-- ===== src/SourcePipeline/Webhook/Queue.antt =====
-- The event queue: a pending event keeps its wakeup until it is processed.
use text.Mathlib.TextPositions.{eq_refl}
use hll.Prelude.{
  ℕ, ◌+◌, ◌<◌, String, ◌≡◌, refl, true, none, some, List, [], ◌∷◌, ◌++◌, arith, str_eq, eq_iff,
  if◌then◌else◌, is_some, All, All-append, All-map, Option-cases, inl, inr,
}
use hll.Exec.{ok, ◌>>=◌}
use hll.SourcePipeline.Model.{JobQueueWebhookEvent, JobQueueWebhookWakeup, State, get_row}
use hll.SourcePipeline.Model.Rows.{get_row-append, find-append}
use hll.SourcePipeline.Webhook.{
  JobQueueWebhookPayload, event_named, wakeup_named, new_event, insert_event, insert_wakeup,
  existing_or_raise, after_insert, record_event,
}

abbrev pub id_of : JobQueueWebhookEvent → ℕ
id_of e = e.id

below_suc : (n : ℕ) (e : JobQueueWebhookEvent) → e.id < n → e.id < n + 1
below_suc n e h = omega arith

below→absent :
    (k : ℕ) (rows : List JobQueueWebhookEvent)
    → All (λ e. e.id < k) rows
    → get_row id_of k rows ≡ none
below→absent k [] all = refl
below→absent k (r ∷ rows) all = ground (arith, below→absent k rows all.1)

module _ {Payload : Type 0} where
  pub record Sound (s : State Payload) : Type 0 where
    -- the event found by its name is the one found by its primary key
    pub keyed :
        (n : String) (e : JobQueueWebhookEvent)
        → event_named n s ≡ some e
        → get_row id_of e.id s.events ≡ some e
    pub fresh : All (λ (e : JobQueueWebhookEvent). e.id < s.next_event_id) s.events
    pub queued :
        (n : String) (e : JobQueueWebhookEvent)
        → event_named n s ≡ some e
        → e.processed_at ≡ none
        → is_some (wakeup_named n s) ≡ true

  -- An event is recorded once: the second delivery returns the row of the first and changes nothing.
  pub record_event_once :
      (p q : JobQueueWebhookPayload) (now later : ℕ) (s t : State Payload)
      (e : JobQueueWebhookEvent)
      → record_event p now s ≡ (ok e, t)
      → q.event_id ≡ p.event_id
      → record_event q later t ≡ (ok e, t)
  unfolding record_event insert_event after_insert existing_or_raise insert_wakeup ◌>>=◌
  record_event_once p q now later s t e first same = ground (
    arith,
    find-append (λ (e : JobQueueWebhookEvent). str_eq e.event_id p.event_id) s.events
        (new_event p s.next_event_id now),
    eq_refl p.event_id,
  )

  -- The row of the new event, where its name was free.
  inserted : JobQueueWebhookPayload → ℕ → State Payload → State Payload
  inserted p now s = record s {
    tables = record s.tables {
      events = s.events ++ new_event p s.next_event_id now ∷ [];
      next_event_id = s.next_event_id + 1;
      wakeups = elim (wakeup_named p.event_id s) [
        | some _ ↦ s.wakeups
        | none ↦ s.wakeups ++ record { id = s.next_wakeup_id; event_id = p.event_id } ∷ []
      ];
      next_wakeup_id = elim (wakeup_named p.event_id s) [
        | some _ ↦ s.next_wakeup_id
        | none ↦ s.next_wakeup_id + 1
      ];
    };
  }

  recorded :
      (p : JobQueueWebhookPayload) (now : ℕ) (s : State Payload)
      → event_named p.event_id s ≡ none
      → record_event p now s ≡ (ok (new_event p s.next_event_id now), inserted p now s)
  unfolding record_event insert_event after_insert existing_or_raise insert_wakeup inserted ◌>>=◌
  recorded p now s free = ground arith

  found_again :
      (p : JobQueueWebhookPayload) (now : ℕ) (s : State Payload) (e : JobQueueWebhookEvent)
      → event_named p.event_id s ≡ some e
      → record_event p now s ≡ (ok e, s)
  unfolding record_event insert_event after_insert existing_or_raise ◌>>=◌
  found_again p now s e there = ground arith

  module _ (p : JobQueueWebhookPayload) (now : ℕ) (s : State Payload) (sound : Sound s)
      (free : event_named p.event_id s ≡ none) where
    named_after :
        (n : String)
        → event_named n (inserted p now s) ≡ elim (event_named n s) [
          | none ↦ (if str_eq p.event_id n then some (new_event p s.next_event_id now) else none)
          | some a ↦ some a
        ]
    unfolding inserted
    named_after n = find-append (λ (e : JobQueueWebhookEvent). str_eq e.event_id n) s.events _

    keyed_after :
        (n : String) (e : JobQueueWebhookEvent)
        → event_named n (inserted p now s) ≡ some e
        → get_row id_of e.id (inserted p now s).events ≡ some e
    unfolding inserted
    keyed_after n e h = rw (get_row-append id_of e.id s.events (new_event p s.next_event_id now)) (
        ground (
          arith,
          named_after n,
          sound.keyed n e,
          below→absent s.next_event_id s.events sound.fresh,
        ))

    queued_after :
        (n : String) (e : JobQueueWebhookEvent)
        → event_named n (inserted p now s) ≡ some e
        → e.processed_at ≡ none
        → is_some (wakeup_named n (inserted p now s)) ≡ true
    unfolding inserted
    queued_after n e h pending = ground (
      arith,
      named_after n,
      sound.queued n e,
      find-append (λ (w : JobQueueWebhookWakeup). str_eq w.event_id n) s.wakeups
          (record { id = s.next_wakeup_id; event_id = p.event_id }),
      eq_iff p.event_id n,
    )

    inserted-Sound : Sound (inserted p now s)
    unfolding inserted
    inserted-Sound = record {
      keyed = keyed_after;
      fresh =
          All-append _ s.events _ (All-map (below_suc s.next_event_id) s.events sound.fresh)
            (omega arith, tt);
      queued = queued_after;
    }

  -- Recording an event keeps the queue sound, for a new event and for one delivered before.
  pub record_event-Sound :
      (p : JobQueueWebhookPayload) (now : ℕ) (s : State Payload)
      → Sound s
      → Sound (record_event p now s).1
  record_event-Sound p now s sound = elim (Option-cases (event_named p.event_id s)) [
    | inl free ↦ rw (recorded p now s free) (inserted-Sound p now s sound free)
    | inr (e, there) ↦ rw (found_again p now s e there) sound
  ]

━━━

__Assignment__.
Copy every line of the data that carries the word "fresh".

__Completed exercise__.
    pub fresh : All (λ (e : JobQueueWebhookEvent). e.id < s.next_event_id) s.events
          below→absent s.next_event_id s.events sound.fresh,
      fresh =
          All-append _ s.events _ (All-map (below_suc s.next_event_id) s.events sound.fresh)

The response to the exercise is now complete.